Throughout their history, they have been essential in the field of cryptanalysis.
These computers process at petascale speeds, meaning their capabilities are measured in terms of one quadrillion (1,000,000,000,000,000) calculations per second.
To put that in perspective, consumer laptops now operate at gigascale, which is one billion calculations per second.
An exascale computer is capable of processing a quintillion (1,000,000,000,000,000,000) calculations per second.
That’s about a trillion times more powerful than a consumer laptop.
The more powerful the computer, the more realistic the models are, which in turn provide scientists with more reliable predictions about the future and more concrete recommendations about what companies and governments need to do.
The U.S. government reckons it will have a system capable of performing one quintillion operations per second—that’s 1,000 quadrillion, and 10 times the capacity of TaihuLight—by 2021.

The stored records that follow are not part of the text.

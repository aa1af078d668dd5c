-- ===== src/Prelude/Lists/Keyed.antt =====
-- Lists that are used as tables: an item is found by a test on its key, the first hit is replaced
-- or deleted through its index, and a new item goes to the end.
use Prim.Native.Nat.{ℕ, ◌+◌, ◌-◌, ◌≤◌}
use mathlib.Core.Path.{◌≡◌, refl}
use mathlib.Core.Bool.{Bool, true, false}
use mathlib.Core.Option.{none, some}
use mathlib.Core.List.{List, [], ◌∷◌, ◌++◌}
use native.Mathlib.Omega.{arith}
use mec_measurements.Prelude.Tests.{if◌then◌else◌, ltb, is_some}
use mec_measurements.Prelude.Lists.Search.{find, find_index, set, delete_at}

module _ {ℓ} {A : Type ℓ} where
  -- How many items pass the test.
  abbrev pub count_if : (A → Bool) → List A → ℕ
  count_if p [] = 0
  count_if p (x ∷ xs) = (if p x then 1 else 0) + count_if p xs

  -- The first hit replaced by `v`, or `v` at the end.
  abbrev pub upsert : (A → Bool) → A → List A → List A
  upsert p v [] = v ∷ []
  upsert p v (x ∷ xs) = let rest = upsert p v xs in if p x then v ∷ xs else x ∷ rest

  -- Without the first hit.
  abbrev pub remove_first : (A → Bool) → List A → List A
  remove_first p [] = []
  remove_first p (x ∷ xs) = let rest = remove_first p xs in if p x then xs else x ∷ rest

  -- The two ways of the source, through the index.
  abbrev pub set_or_append : (A → Bool) → A → List A → List A
  set_or_append p v xs = elim (find_index p xs) [ none ↦ xs ++ v ∷ [] | some i ↦ set xs i v ]

  abbrev pub delete_found : (A → Bool) → List A → List A
  delete_found p xs = elim (find_index p xs) [ none ↦ xs | some i ↦ delete_at xs i ]

  abbrev pub append_if_absent : (A → Bool) → A → List A → List A
  append_if_absent p v xs = elim (find_index p xs) [ none ↦ xs ++ v ∷ [] | some _ ↦ xs ]

  pub set_or_append-eq-upsert :
      (p : A → Bool) (v : A) (xs : List A) → set_or_append p v xs ≡ upsert p v xs
  set_or_append-eq-upsert p v [] = refl
  set_or_append-eq-upsert p v (x ∷ xs) = ground (arith, set_or_append-eq-upsert p v xs)

  pub delete_found-eq-remove_first :
      (p : A → Bool) (xs : List A) → delete_found p xs ≡ remove_first p xs
  delete_found-eq-remove_first p [] = refl
  delete_found-eq-remove_first p (x ∷ xs) = ground (arith, delete_found-eq-remove_first p xs)

  -- What a search finds passes its test.
  pub find_sound : (p : A → Bool) (xs : List A) (v : A) → find p xs ≡ some v → p v ≡ true
  find_sound p [] v h = ground arith
  find_sound p (x ∷ xs) v h = ground (arith, find_sound p xs v)

  pub is_some-find : (p : A → Bool) (xs : List A) → is_some (find p xs) ≡ ltb 0 (count_if p xs)
  is_some-find p [] = refl
  is_some-find p (x ∷ xs) = ground (arith, is_some-find p xs)

  pub find-upsert_self :
      (p : A → Bool) (v : A) (xs : List A) → p v ≡ true → find p (upsert p v xs) ≡ some v
  find-upsert_self p v [] h = ground arith
  find-upsert_self p v (x ∷ xs) h = ground (arith, find-upsert_self p v xs h)

  pub count_if-upsert_self :
      (p : A → Bool) (v : A) (xs : List A)
      → p v ≡ true
      → count_if p xs ≤ 1
      → count_if p (upsert p v xs) ≡ 1
  count_if-upsert_self p v [] h u = ground arith
  count_if-upsert_self p v (x ∷ xs) h u = ground (arith, count_if-upsert_self p v xs h)

  pub count_if-remove_first :
      (p : A → Bool) (xs : List A) → count_if p (remove_first p xs) ≡ count_if p xs - 1
  count_if-remove_first p [] = refl
  count_if-remove_first p (x ∷ xs) = ground (arith, count_if-remove_first p xs)

  pub find-append :
      (p : A → Bool) (xs : List A) (v : A)
      → find p (xs ++ v ∷ [])
        ≡ (if is_some (find p xs) then find p xs else if p v then some v else none)
  find-append p [] v = refl
  find-append p (x ∷ xs) v = ground (arith, find-append p xs v)

  pub find-remove_first_self :
      (p : A → Bool) (xs : List A) → count_if p xs ≤ 1 → find p (remove_first p xs) ≡ none
  find-remove_first_self p [] u = refl
  find-remove_first_self p (x ∷ xs) u =
      ground (arith, is_some-find p xs, find-remove_first_self p xs)

  pub count_if-append :
      (p : A → Bool) (xs ys : List A) → count_if p (xs ++ ys) ≡ count_if p xs + count_if p ys
  count_if-append p [] ys = omega arith
  count_if-append p (x ∷ xs) ys = omega (arith, count_if-append p xs ys)

  pub count_if-find_index :
      (p : A → Bool) (xs : List A) → is_some (find_index p xs) ≡ ltb 0 (count_if p xs)
  count_if-find_index p [] = refl
  count_if-find_index p (x ∷ xs) = ground (arith, count_if-find_index p xs)

  pub count_if-append_if_absent :
      (p : A → Bool) (v : A) (xs : List A)
      → count_if p xs ≤ 1
      → count_if p (append_if_absent p v xs) ≤ 1
  count_if-append_if_absent p v xs u =
      ground (arith, count_if-find_index p xs, count_if-append p xs (v ∷ []))

-- A second test `q` that no item passes together with `p`.
module _ {ℓ} {A : Type ℓ} (p q : A → Bool) (apart : (x : A) → p x ≡ true → q x ≡ false) where
  pub find-upsert_apart : (v : A) (xs : List A) → p v ≡ true → find q (upsert p v xs) ≡ find q xs
  find-upsert_apart v [] h = ground (arith, apart v)
  find-upsert_apart v (x ∷ xs) h = ground (arith, apart v, apart x, find-upsert_apart v xs h)

  pub count_if-upsert_apart :
      (v : A) (xs : List A) → p v ≡ true → count_if q (upsert p v xs) ≡ count_if q xs
  count_if-upsert_apart v [] h = ground (arith, apart v)
  count_if-upsert_apart v (x ∷ xs) h =
      ground (arith, apart v, apart x, count_if-upsert_apart v xs h)

  pub find-remove_first_apart : (xs : List A) → find q (remove_first p xs) ≡ find q xs
  find-remove_first_apart [] = refl
  find-remove_first_apart (x ∷ xs) = ground (arith, apart x, find-remove_first_apart xs)

  pub count_if-remove_first_apart : (xs : List A) → count_if q (remove_first p xs) ≡ count_if q xs
  count_if-remove_first_apart [] = refl
  count_if-remove_first_apart (x ∷ xs) = ground (arith, apart x, count_if-remove_first_apart xs)

  pub count_if-append_if_absent_apart :
      (v : A) (xs : List A) → p v ≡ true → count_if q (append_if_absent p v xs) ≡ count_if q xs
  count_if-append_if_absent_apart v xs h = ground (arith, apart v, count_if-append q xs (v ∷ []))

Japan also is building the world’s fastest supercomputer, which it hopes will make the country the new global hub for artificial intelligence research.
The supercomputer is expected to run at a speed of 130 petaflops, meaning it is able to perform a mind-boggling 130 quadrillion calculations per second (that’s 130 million billion).
Once complete (the target date is April 2018), the AI Bridging Cloud Infrastructure (ABCI) will be the most powerful supercomputer in the world, surpassing the current champion, China’s Sunway TaihuLight, currently operating at 93 petaflops.